Coal: King of chemicals?

C&I Issue 18, 2009

When oil prices rocketed to record highs in summer 2008, it appeared that the time for chemical feedstocks from coal had come. Several multi-billion dollar projects were in the pipeline in countries throughout the world and oil prices appeared to have nowhere to go but up. Now, however, with the global economy in the doldrums and recovery predicted to be slow, does the bright future of chemicals from coal look as sparkly as it once did?

Today oil prices have fallen from highs of $147/ bbl in June 2008 and now hover around the $70/ bbl mark, having dropped into the low 30s. Added to this, the International Energy Agency (IEA) cut its forecast for oil consumption for 2009 by 1m bbl/day, a move that could further depress prices. The IEA now predicts that oil consumption will be down almost 3% on 2008 levels and has not ruled out further falls in demand.

‘In the past the price of coal didn’t go up much but oil was peaking,’ says Ed Glatzer, from the consultancy Nexant. ‘Now coal prices are rising too.

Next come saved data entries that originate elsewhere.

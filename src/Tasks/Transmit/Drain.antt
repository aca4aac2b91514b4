-- ===== src/Tasks/Transmit/Drain.antt =====
-- The replay in a tick of the radio task: the loop of `onTxTickLinkUp` of
-- ESP_AKS/lib/LoraLink/UplinkScheduler.cpp with the callback of ESP_AKS/src/main.cpp.
use tufan_aks.Base.{
  ℕ, zero, suc, ◌≡◌, ◌≤◌, inl, inr, refl, sym, arith, Bool, true, List, [], ◌∷◌, ◌++◌, length, ap,
  ap₂, ◌∙◌, subst, map, take, drop, All,
}
use tufan_aks.Data.{TelemetryData}
use tufan_aks.Buffer.{Ring}
use tufan_aks.Buffer.Refine.{IsRing, contents, front_agrees, QueueView}
use tufan_aks.Uplink.{replay}
use tufan_aks.Uplink.Replay.{replay_empty, replay_refused, replay_accepted}
use tufan_aks.Sanitize.{sanitize_for_uplink}
use tufan_aks.Telemetry.{frame}
use tufan_aks.Telemetry.Frame.{Fits}
use tufan_aks.Tasks.Transmit.{TxPort, TxContext, tx_send}
use tufan_aks.Tasks.Transmit.Room.{
  busy, asked, written, after_replay, Answers, Answers-true, Answers-false, Stops, Stops-more,
  tx_send-Answers,
}
use tufan_aks.Tasks.Transmit.Offer.{
  Offer, recorded, numbered, last_number, next_number, IsStarted, Offered, Sends, tx_send-Sends,
  append_nil,
}

append_assoc : {A : Type 0} (p q r : List A) → (p ++ q) ++ r ≡ p ++ (q ++ r)
append_assoc [] q r = refl
append_assoc (x ∷ p) q r = ap (λ t. x ∷ t) (append_assoc p q r)

numbered-append :
    (seq : ℕ) (ps qs : List (TelemetryData × Bool))
    → numbered seq (ps ++ qs) ≡ numbered seq ps ++ numbered (last_number seq ps) qs
numbered-append seq [] qs = refl
numbered-append seq (p ∷ ps) qs =
    ap (λ t. (frame seq (sanitize_for_uplink (p.0)), p.1) ∷ t)
      (numbered-append (next_number seq (p.1)) ps qs)

last_number-append :
    (seq : ℕ) (ps qs : List (TelemetryData × Bool))
    → last_number seq (ps ++ qs) ≡ last_number (last_number seq ps) qs
last_number-append seq [] qs = refl
last_number-append seq (p ∷ ps) qs = last_number-append (next_number seq (p.1)) ps qs

module _ {S : Type 0} where
  -- Two stretches one after the other.
  pub Offered-then :
      (ps qs : List (TelemetryData × Bool)) (c c' c'' : TxContext (S × List Offer))
      → Offered ps c c'
      → Offered qs c' c''
      → Offered (ps ++ qs) c c''
  Offered-then ps qs c c' c'' (i, n, l) (i', n', l') =
      let seq = c.telemetry.sequence_counter in
      (
        i',
        n' ∙ ap (λ k. last_number k qs) n ∙ sym (last_number-append seq ps qs),
        l'
            ∙ ap₂ (λ log k. log ++ numbered k qs) l n
            ∙ append_assoc (c.hardware.1) (numbered seq ps) (numbered (last_number seq ps) qs)
            ∙ ap (λ t. c.hardware.1 ++ t) (sym (numbered-append seq ps qs)),
      )

module _ {S : Type 0} (port : TxPort S) where
  -- A replay: it has offered the first n packets, each of which has left the ring.
  abbrev pub Replays :
      ℕ → Ring → TxContext (S × List Offer) → ℕ × Ring × TxContext (S × List Offer) → Type 0
  Replays burst r c t =
      (ps : List (TelemetryData × Bool)) × (t.0 ≤ burst)
      × (length ps ≡ t.0)
      × (map (λ p. p.0) ps ≡ take (t.0) (contents r))
      × IsRing (t.1)
      × (contents (t.1) ≡ drop (t.0) (contents r))
      × Stops port burst (length (contents r)) (t.0)
          (after_replay port c.telemetry.sequence_counter ps (c.hardware.0)) (t.2.hardware.0)
      × Offered ps c (t.2)

  replay_turn :
      (b : ℕ) (r : Ring) (c : TxContext (S × List Offer))
      → IsRing r
      → All Fits (contents r)
      → IsStarted c
      → ((q : Ring) (c' : TxContext (S × List Offer))
          → IsRing q
          → All Fits (contents q)
          → IsStarted c'
          → Replays b q c' (replay (tx_send (recorded port)) b q c'))
      → QueueView r
      → Replays (suc b) r c (replay (tx_send (recorded port)) (suc b) r c)
  replay_turn b r c wf fits i later (inl (e, f, p, o, d)) =
      subst (Replays (suc b) r c) (sym (replay_empty (tx_send (recorded port)) (suc b) r c p)) (
        [],
        omega arith,
        refl,
        refl,
        wf,
        refl,
        inl (inr (sym (ap length e)), refl),
        (i, refl, append_nil (c.hardware.1)),
      )
  replay_turn b r c wf fits i later (inr (x, q, e, wq, f, p, o, d)) =
      by_send (tx_send-Sends port x true c i (here.0))
    where
      here : Fits x × All Fits (contents q)
      here = subst (All Fits) e fits

      answer : Bool × TxContext (S × List Offer)
      answer = tx_send (recorded port) x true c

      answers :
          Answers port
            (busy port (c.hardware.0))
            (asked port (c.hardware.0))
            (written port true c.telemetry.sequence_counter x (asked port (c.hardware.0)))
            answer
      answers = tx_send-Answers port x true c i (here.0)

      rest : ℕ × Ring × TxContext (S × List Offer)
      rest = replay (tx_send (recorded port)) b q (answer.1)

      by_send :
          Sends port x c answer → Replays (suc b) r c (replay (tx_send (recorded port)) (suc b) r c)
      by_send (inl (a, k)) =
          subst (Replays (suc b) r c) (sym (replay_refused (tx_send (recorded port)) b r x c p a)) (
            [],
            omega arith,
            refl,
            refl,
            wf,
            refl,
            inr (
              omega arith,
              omega (arith, ap length e),
              (Answers-false port _ _ _ answer answers a).0,
              (Answers-false port _ _ _ answer answers a).1,
            ),
            k,
          )
      by_send (inr (a, taken, k)) =
          let (ps, n, l, m, w, h, z, g) = later q (answer.1) wq (here.1) (k.0) in
          subst (Replays (suc b) r c)
            (sym (
              replay_accepted (tx_send (recorded port)) b r x c p a
              ∙ ap
                  (λ v.
                    let t = replay (tx_send (recorded port)) b (v.1) (answer.1) in
                    (suc (t.0), t.1, t.2))
                  d))
            (
              (x, taken) ∷ ps,
              omega (arith, n),
              ap suc l,
              ap (λ t. x ∷ t) m ∙ ap (take (suc (rest.0))) (sym e),
              w,
              h ∙ ap (drop (suc (rest.0))) (sym e),
              Stops-more port b (length (contents r)) (rest.0) (length (contents q)) (ap length e) (
                  subst (λ s. Stops port b (length (contents q)) (rest.0) s (rest.2.hardware.0))
                    (ap₂ (λ j t. after_replay port j ps t) (k.1)
                      (Answers-true port _ _ _ answer answers a).1)
                    z),
              Offered-then ((x, taken) ∷ []) ps c (answer.1) (rest.2) k g,
            )

  pub replay_offers :
      (b : ℕ) (r : Ring) (c : TxContext (S × List Offer))
      → IsRing r
      → All Fits (contents r)
      → IsStarted c
      → Replays b r c (replay (tx_send (recorded port)) b r c)
  unfolding replay
  replay_offers zero r c wf fits i = (
    [],
    omega arith,
    refl,
    refl,
    wf,
    refl,
    inl (inl refl, refl),
    (i, refl, append_nil (c.hardware.1)),
  )
  replay_offers (suc b) r c wf fits i =
      replay_turn b r c wf fits i (λ q c' wq fq iq. replay_offers b q c' wq fq iq)
        (front_agrees r wf).1
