-- ===== src/Tasks/Transmit/Rate.antt =====
-- What a tick of the radio task offers to the UART, with the scheduler of
-- ESP_AKS/lib/LoraLink/UplinkScheduler.cpp and the callback of ESP_AKS/src/main.cpp.
use tufan_aks.Base.{
  ℕ, ◌+◌, ◌*◌, ◌≡◌, ◌≤◌, ◌⊎◌, inl, inr, refl, sym, arith, Bool, true, false, List, [], ◌∷◌, ◌++◌,
  length, length-append, Option, none, some, subst, map, take, drop, All,
}
use tufan_aks.Data.{TelemetryData}
use tufan_aks.Buffer.{Ring}
use tufan_aks.Buffer.Refine.{IsRing, contents}
use tufan_aks.Uplink.{UplinkScheduler, replay, send_live, on_tx_tick_link_up}
use tufan_aks.Telemetry.Frame.{Fits}
use tufan_aks.Tasks.Transmit.{TxPort, TxContext, tx_send}
use tufan_aks.Tasks.Transmit.Bytes.{total_bytes, bytes_bound, All-take, All-map, All-append}
use tufan_aks.Tasks.Transmit.Room.{
  busy, asked, written, after_replay, Answers, Answers-true, Answers-false, Stops, tx_send-Answers,
}
use tufan_aks.Tasks.Transmit.Offer.{
  Offer, recorded, numbered, IsStarted, Offered, Sends, tx_send-Sends, append_nil,
}
use tufan_aks.Tasks.Transmit.Drain.{Offered-then, replay_offers}

module _ {S : Type 0} (port : TxPort S) where
  -- After the replay: nothing, if there is no live packet or the port is busy, or the live packet.
  LiveOffered :
      Option TelemetryData → TxContext (S × List Offer) → TxContext (S × List Offer) → Type 0
  LiveOffered live c c' =
      (((live ≡ none) ⊎ (busy port (c.hardware.0) ≡ true)) × Offered [] c c')
      ⊎ ((x : TelemetryData) × (taken : Bool) × (live ≡ some x)
          × (busy port (c.hardware.0) ≡ false)
          × Offered ((x, taken) ∷ []) c c')

  send_live-LiveOffered :
      (live : Option TelemetryData) (c : TxContext (S × List Offer))
      → IsStarted c
      → ((x : TelemetryData) → live ≡ some x → Fits x)
      → LiveOffered live c (send_live (tx_send (recorded port)) live c).1
  unfolding send_live LiveOffered
  send_live-LiveOffered none c i f = inl (inl refl, (i, refl, append_nil (c.hardware.1)))
  send_live-LiveOffered (some x) c i f =
      by_send (tx_send-Sends port x false c i (f x refl))
        (tx_send-Answers port x false c i (f x refl))
    where
      by_send :
          Sends port x c (tx_send (recorded port) x false c)
          → Answers port
              (busy port (c.hardware.0))
              (asked port (c.hardware.0))
              (written port false c.telemetry.sequence_counter x (asked port (c.hardware.0)))
              (tx_send (recorded port) x false c)
          → LiveOffered (some x) c (tx_send (recorded port) x false c).1
      by_send (inl (a, k)) w =
          inl (inr (Answers-false port _ _ _ (tx_send (recorded port) x false c) w a).0, k)
      by_send (inr (a, taken, k)) w =
          inr
            (x, taken, refl, (Answers-true port _ _ _ (tx_send (recorded port) x false c) w a).0, k)

module _ {S : Type 0} (port : TxPort S) where
  -- What follows a replay that left the port in the state s: nothing, if there is no live packet or the
  -- port is busy, or the live packet.
  abbrev pub Tail : Option TelemetryData → S → List (TelemetryData × Bool) → Type 0
  Tail live s qs =
      (((live ≡ none) ⊎ (busy port s ≡ true)) × (qs ≡ []))
      ⊎ ((x : TelemetryData) × (taken : Bool) × (live ≡ some x)
          × (busy port s ≡ false)
          × (qs ≡ (x, taken) ∷ []))

  Tail-of :
      (live : Option TelemetryData) (c c' : TxContext (S × List Offer))
      → LiveOffered port live c c'
      → (qs : List (TelemetryData × Bool)) × Tail live (c.hardware.0) qs × Offered qs c c'
  unfolding LiveOffered
  Tail-of live c c' (inl (z, k)) = ([], inl (z, refl), k)
  Tail-of live c c' (inr (x, taken, e, z, k)) = ((x, taken) ∷ [], inr (x, taken, e, z, refl), k)

  Tail-few :
      (live : Option TelemetryData) (s : S) (qs : List (TelemetryData × Bool))
      → ((x : TelemetryData) → live ≡ some x → Fits x)
      → Tail live s qs
      → (length qs ≤ 1) × All (λ p. Fits (p.0)) qs
  Tail-few live s qs f (inl (z, e)) =
      subst (λ l. (length l ≤ 1) × All (λ p. Fits (p.0)) l) (sym e) (omega arith, tt)
  Tail-few live s qs f (inr (x, taken, h, z, e)) =
      subst (λ l. (length l ≤ 1) × All (λ p. Fits (p.0)) l) (sym e) (omega arith, (f x h, tt))

  -- A tick with the link up, with any port, a started sender, a well-formed ring, and values of the types
  -- of the source's fields in the ring and in the live packet. It offers to the UART the n oldest
  -- samples and after them at most the live packet, and nothing else; exactly those n samples leave the
  -- ring, taken by the UART or not. The replay stops only where the burst is spent, the ring is empty,
  -- or the port is busy after the n packets (not ready, or with less than 120 bytes free); the live
  -- packet is offered exactly if there is one and the port, as the replay leaves it, is not busy. Each
  -- packet carries the current number, which is used up only if the UART takes the packet, so that
  -- after a refused packet the next one carries the same number. All of it is at most 108 bytes for
  -- each packet of the burst and one more.
  pub tick_offers :
      (live : Option TelemetryData) (u : UplinkScheduler) (r : Ring)
      (c : TxContext (S × List Offer))
      → IsRing r
      → All Fits (contents r)
      → ((x : TelemetryData) → live ≡ some x → Fits x)
      → IsStarted c
      → let t = on_tx_tick_link_up (tx_send (recorded port)) live u r c in
        (n : ℕ) × (ps : List (TelemetryData × Bool)) × (qs : List (TelemetryData × Bool)) × (s : S)
        × (n ≤ u.replay_burst_per_tick)
        × (map (λ p. p.0) ps ≡ take n (contents r))
        × Stops port u.replay_burst_per_tick
            (length (contents r))
            n
            (after_replay port c.telemetry.sequence_counter ps (c.hardware.0))
            s
        × Tail live s qs
        × (contents (t.1) ≡ drop n (contents r))
        × IsRing (t.1)
        × Offered (ps ++ qs) c (t.2)
        × (total_bytes (numbered c.telemetry.sequence_counter (ps ++ qs))
            ≤ 108 * (u.replay_burst_per_tick + 1))
  unfolding on_tx_tick_link_up
  tick_offers live u r c wf fits lf i =
      let a = replay (tx_send (recorded port)) u.replay_burst_per_tick r c in
      let (ps, n, l, m, w, h, z, g) = replay_offers port u.replay_burst_per_tick r c wf fits i in
      let after = (send_live (tx_send (recorded port)) live (a.2)).1 in
      let (qs, t, k) = Tail-of live (a.2) after (send_live-LiveOffered port live (a.2) (g.0) lf) in
      let few = Tail-few live (a.2.hardware.0) qs lf t in
      let fp = All-map ps (subst (All Fits) (sym m) (All-take (a.0) (contents r) fits)) in
      (
        a.0,
        ps,
        qs,
        a.2.hardware.0,
        n,
        m,
        z,
        t,
        h,
        w,
        Offered-then ps qs c (a.2) after g k,
        omega (
          arith,
          bytes_bound c.telemetry.sequence_counter (ps ++ qs) (i.1) (All-append ps qs fp (few.1)),
          length-append ps qs,
          few.0,
          l,
          n,
        ),
      )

At low oil prices there’s no compelling reason to go with coal.’ He does, however, add that there are compelling reasons for some countries, like China, to invest in coal-to-liquids (CTL) technology. Currently, China is highly dependent on expensive ethylene imports, but what it does have is plenty of coal. This coal can be turned in vinyl chloride monomer, which can be used as a feedstock by domestic chemicals plants (see Box).

But for coal to chemicals to make sense economically it is, of course, dependent on cheap coal – at least relative to oil. James O’Connell, managing editor, international coal publications at Platts, says that for a long time coal has been a forgotten commodity, as prices remained relatively static. The industry was rather ‘sleepy’, he adds, but the market has had a rude awakening in the last two-and-a-half years thanks to a combination of constriction of supply, increased demand and an extraordinary rally on oil prices.

Currently, as things stand, coal remains cheap despite a price spike in 2008 caused by powerful storms in the Pacific, close to Australia, that restricted supply. ‘In Australia there were queues in Newcastle of more than 70 vessels waiting to load or unload their cargo [of coal]. A lot of shipping got caught up there,’ O’Connell says, adding that an increase in demand from China and India also played a significant part in the price rise. This led to prices peaking in June/July last year at $230-$240/t. Prices have since fallen and are now around the $60-$70/t mark.